I’m having a hard time understanding how and why the number of threads per block affects the number of warps per SM.

The way I understand it blocks are assigned to a single SM with potentially multiple blocks per SM. The threads in each block are then broken down into 32 thread warps to be executed on the SM. The maximum number of threads and blocks that can be on an SM will be limited by local (registers) and shared memory use.

I understand this to mean that the number of warps that can be scheduled on an SM will depend on the number of blocks executing and the number of threads per block. Increasing both will increase the number of warps that can be on an SM until some limiting factor is reached. Increasing the number of threads beyond this point would limit the number of blocks that can be executed but it would allow more warps from a single block to execute concurrently.

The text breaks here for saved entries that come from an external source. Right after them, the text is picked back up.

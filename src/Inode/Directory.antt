-- ===== src/Inode/Directory.antt =====
-- A directory's entries: `Inode::AddDentry`, `DeleteDentry` and `GetDentry` against each other.
use sponge_bob.Prelude.{ℕ, ◌≡◌, ◌≢◌, String, true, false, none, some, arith}
use sponge_bob.Containers.Table.{find-assign, find-erase}
use sponge_bob.Inode.{Inode, new_dentry, add_dentry, delete_dentry, get_dentry}

module _ (hash : String → ℕ) where
  -- Adding an entry succeeds exactly when no entry has the hash of the name. On success the name
  -- leads to the new entry, on failure to the one it led to, and a name of another hash to the
  -- entry that it led to before, in both cases.
  pub get_dentry-add_dentry :
      (name other : String) (inum : ℕ) (i : Inode)
      → let (added, i') = add_dentry hash name inum i in
        (added ≡ elim (get_dentry hash name i) [ none ↦ true | some _ ↦ false ])
        × (get_dentry hash name i' ≡ elim (get_dentry hash name i) [
          | none ↦ some (new_dentry hash name inum)
          | some d ↦ some d
        ])
        × (hash other ≢ hash name → get_dentry hash other i' ≡ get_dentry hash other i)
  unfolding add_dentry get_dentry
  get_dentry-add_dentry name other inum i = ground (
    arith,
    find-assign (hash name) (hash name) (new_dentry hash name inum) i.children,
    find-assign (hash other) (hash name) (new_dentry hash name inum) i.children,
  )

  -- Deleting a name makes it lead nowhere, leaves names of another hash alone, and answers whether
  -- there was an entry.
  pub get_dentry-delete_dentry :
      (name other : String) (i : Inode)
      → let (deleted, i') = delete_dentry hash name i in
        (deleted ≡ elim (get_dentry hash name i) [ none ↦ false | some _ ↦ true ])
        × (get_dentry hash name i' ≡ none)
        × (hash other ≢ hash name → get_dentry hash other i' ≡ get_dentry hash other i)
  unfolding delete_dentry get_dentry
  get_dentry-delete_dentry name other i = ground (
    arith,
    find-erase (hash name) (hash name) i.children,
    find-erase (hash other) (hash name) i.children,
  )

However, when I look at the data given by the profiler I see that the warps per SM follows a sort of sawtoothed pattern depending on the number of threads per block (like the image below). I don’t understand why this happens. In particular I don’t understand how there are sudden drops in the number of warps per SM at various points. I would assume that the warps are either filled in sequential order with the last warp getting the left over threads (if there are 70 threads, 2 warps of 32 and 1 of 6), or that warps are filled out evenly (if there are 70 threads, 2 warps of 23 1 warp of 24). I would assume the warps are filled in the first manner. That would imply that other some slack in the last warp the SM would have near 100% occupancy as you add more threads per block.

Can anyone explain where my reasoning is wrong? I am really confused by this.

Hmm, dropbox image linking doesn’t seem to be working.
https://www.dropbox.com/s/7uszs5wfxib9xsp/ThreadsPerBlock.png

Suppose I have 1024 threads per block. That is 32 warps. Most recent GPUs (excepting Turing) allow a hardware limit of 64 warps per SM, as well as 2048 threads per SM (these are consistent).

Ignoring other possible limiters, I could schedule up to 2 of these blocks on such an SM. That would give a complement of 64 warps (==2048 threads), a full load.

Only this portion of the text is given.